━━━━━ Provided data

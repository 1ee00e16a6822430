-- ===== src/RefAlloc/Anchors.antt =====
-- Skeleton anchors are planned only at nodes that can be found again.
use mathlib.Core.Option.{some-injective}
use agent_desktop.Prelude.{
  Bool, In, List, [], ap, append_assoc, arith, inl, inr, is_some, refl, some, suc, sym, true,
  ||-true, ℕ, ◌++◌, ◌+◌, ◌∙◌, ◌∷◌, ◌≡◌, ◌⊎◌, append-nil, subst,
}
use agent_desktop.Tree.{AccessibilityNode, NodeData, Nodes, cons, nil, node}
use agent_desktop.Tree.Paths.{child_at, data_at}
use agent_desktop.RefAlloc.{
  is_resolvable_skeleton_anchor, path_eq, path_in, plan_children, plan_skeleton_anchors, settle,
}
use agent_desktop.Geometry.{Rect}

path_eq→eq : (p q : List ℕ) → path_eq p q ≡ true → p ≡ q
unfolding path_eq
path_eq→eq [] [] h = refl
path_eq→eq [] (j ∷ q) h = cc
path_eq→eq (i ∷ p) [] h = cc
path_eq→eq (i ∷ p) (j ∷ q) h = ground (arith, path_eq→eq p q)

pub path_in→In : (ps : List (List ℕ)) (p : List ℕ) → path_in ps p ≡ true → In p ps
unfolding path_in
path_in→In [] p h = cc
path_in→In (q ∷ ps) p h = elim (||-true (path_eq q p) _ h) [
  | inl e ↦ inl (sym (path_eq→eq q p e))
  | inr r ↦ inr (path_in→In ps p r)
]

module _ (hash : Rect → ℕ) where
  -- A path that leads to a resolvable node below `path`.
  pub record Planned (n : AccessibilityNode) (path q : List ℕ) : Type 0 where
    pub below : List ℕ
    pub found : NodeData
    pub split : q ≡ path ++ below
    pub here : data_at n below ≡ some found
    pub resolvable : is_resolvable_skeleton_anchor hash found ≡ true

  pub record PlannedIn (cs : Nodes) (path : List ℕ) (index : ℕ) (q : List ℕ) : Type 0 where
    pub offset : ℕ
    pub below : List ℕ
    pub found : NodeData
    pub split : q ≡ path ++ ((index + offset) ∷ below)
    pub here : child_at cs offset below ≡ some found
    pub resolvable : is_resolvable_skeleton_anchor hash found ≡ true

  settle_cases :
      (d : NodeData) (path : List ℕ) (uncovered : Bool) (anchors : List (List ℕ))
      → ((settle hash d path (uncovered, anchors)).1 ≡ anchors)
        ⊎ (((settle hash d path (uncovered, anchors)).1 ≡ path ∷ anchors)
            × (is_resolvable_skeleton_anchor hash d ≡ true))
  unfolding settle
  settle_cases d path uncovered anchors = ground arith

  settle_sound :
      (d : NodeData) (cs : Nodes) (path q : List ℕ) (before : Bool × List (List ℕ))
      → In q (settle hash d path before).1
      → In q before.1 ⊎ Planned (node d cs) path q
  unfolding data_at
  settle_sound d cs path q (u, anchors) i = elim (settle_cases d path u anchors) [
    | inl e ↦ inl (subst (In q) e i)
    | inr (e, r) ↦ elim (subst (In q) e i) [
      | inl here ↦ inr (record {
        below = [];
        found = d;
        split = here ∙ sym (append-nil path);
        here = refl;
        resolvable = r;
      })
      | inr old ↦ inl old
    ]
  ]

  shift :
      (c : AccessibilityNode) (cs : Nodes) (path : List ℕ) (index : ℕ) (q : List ℕ)
      → PlannedIn cs path (index + 1) q
      → PlannedIn (cons c cs) path index q
  unfolding child_at
  shift c cs path index q p = record {
    offset = suc p.offset;
    below = p.below;
    found = p.found;
    split = p.split ∙ ap (λ (i : ℕ). path ++ (i ∷ p.below)) (omega arith);
    here = p.here;
    resolvable = p.resolvable;
  }

  first :
      (c : AccessibilityNode) (cs : Nodes) (path : List ℕ) (index : ℕ) (q : List ℕ)
      → Planned c (path ++ (index ∷ [])) q
      → PlannedIn (cons c cs) path index q
  unfolding child_at
  first c cs path index q p = record {
    offset = 0;
    below = p.below;
    found = p.found;
    split =
        p.split
        ∙ append_assoc path (index ∷ []) p.below
        ∙ ap (λ (i : ℕ). path ++ (i ∷ p.below)) (omega arith);
    here = p.here;
    resolvable = p.resolvable;
  }

  lift :
      (d : NodeData) (cs : Nodes) (path q : List ℕ)
      → PlannedIn cs path 0 q
      → Planned (node d cs) path q
  unfolding data_at
  lift d cs path q p = record {
    below = p.offset ∷ p.below;
    found = p.found;
    split = p.split ∙ ap (λ (i : ℕ). path ++ (i ∷ p.below)) (omega arith);
    here = p.here;
    resolvable = p.resolvable;
  }

  mutual
    unfolding plan_skeleton_anchors

    plan_sound :
        (n : AccessibilityNode) (path q : List ℕ) (anchors : List (List ℕ))
        → In q (plan_skeleton_anchors hash n path anchors).1
        → In q anchors ⊎ Planned n path q
    plan_sound (node d cs) path q anchors i =
        elim (settle_sound d cs path q
          (plan_children hash cs path 0 (is_some d.children_count) anchors) i) [
            | inl before ↦
                elim (plan_children_sound cs path q 0 (is_some d.children_count) anchors before) [
                  | inl old ↦ inl old
                  | inr p ↦ inr (lift d cs path q p)
                ]
            | inr p ↦ inr p
          ]

    plan_children_sound :
        (cs : Nodes) (path q : List ℕ) (index : ℕ) (uncovered : Bool) (anchors : List (List ℕ))
        → In q (plan_children hash cs path index uncovered anchors).1
        → In q anchors ⊎ PlannedIn cs path index q
    plan_children_sound nil path q index uncovered anchors i = inl i
    plan_children_sound (cons c cs) path q index uncovered anchors i =
        elim (plan_children_sound cs path q (index + 1) _ _ i) [
          | inl before ↦ elim (plan_sound c (path ++ (index ∷ [])) q anchors before) [
            | inl old ↦ inl old
            | inr p ↦ inr (first c cs path index q p)
          ]
          | inr p ↦ inr (shift c cs path index q p)
        ]

  -- The anchors of a walk fit its tree: a path among them leads to a resolvable node.
  abbrev pub Fits : List (List ℕ) → AccessibilityNode → List ℕ → Type 0
  Fits anchors n path =
      (below : List ℕ) (d : NodeData)
      → In (path ++ below) anchors
      → data_at n below ≡ some d
      → is_resolvable_skeleton_anchor hash d ≡ true

  abbrev pub FitsIn : List (List ℕ) → Nodes → List ℕ → ℕ → Type 0
  FitsIn anchors cs path index =
      (offset : ℕ) (below : List ℕ) (d : NodeData)
      → In (path ++ ((index + offset) ∷ below)) anchors
      → child_at cs offset below ≡ some d
      → is_resolvable_skeleton_anchor hash d ≡ true

  -- The anchors planned for a tree fit it.
  pub plan_skeleton_anchors-Fits :
      (n : AccessibilityNode) → Fits (plan_skeleton_anchors hash n [] []).1 n []
  plan_skeleton_anchors-Fits n below d i e = elim (plan_sound n [] below [] i) [
    | inl none_before ↦ absurd none_before
    | inr p ↦
        let same : data_at n below ≡ some p.found = rw p.split p.here in
        subst (λ x. is_resolvable_skeleton_anchor hash x ≡ true)
          (some-injective p.found d (sym same ∙ e)) p.resolvable
  ]

  -- Fitting anchors fit the parts of the tree.
  pub Fits-below :
      (d : NodeData) (cs : Nodes) (path : List ℕ) (anchors : List (List ℕ))
      → Fits anchors (node d cs) path
      → FitsIn anchors cs path 0
  unfolding data_at
  Fits-below d cs path anchors fits offset below x i e =
      let zero_offset : 0 + offset ≡ offset = omega arith in
      fits (offset ∷ below) x (subst (λ (k : ℕ). In (path ++ (k ∷ below)) anchors) zero_offset i) e

  pub Fits-first :
      (c : AccessibilityNode) (cs : Nodes) (path : List ℕ) (index : ℕ) (anchors : List (List ℕ))
      → FitsIn anchors (cons c cs) path index
      → Fits anchors c (path ++ (index ∷ []))
  unfolding child_at
  Fits-first c cs path index anchors fits below x i e =
      let no_offset : index ≡ index + 0 = omega arith in
      fits 0 below x
        (subst (λ (k : ℕ). In (path ++ (k ∷ below)) anchors) no_offset
          (subst (λ p. In p anchors) (append_assoc path (index ∷ []) below) i))
        e

  pub Fits-rest :
      (c : AccessibilityNode) (cs : Nodes) (path : List ℕ) (index : ℕ) (anchors : List (List ℕ))
      → FitsIn anchors (cons c cs) path index
      → FitsIn anchors cs path (index + 1)
  unfolding child_at
  Fits-rest c cs path index anchors fits offset below x i e =
      let next : index + 1 + offset ≡ index + suc offset = omega arith in
      fits (suc offset) below x (subst (λ (k : ℕ). In (path ++ (k ∷ below)) anchors) next i) e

━━━━━━━━━━

* [How to complete this task] On how many lines of the data does "lift" appear? Give only that number.

* [Answer] 3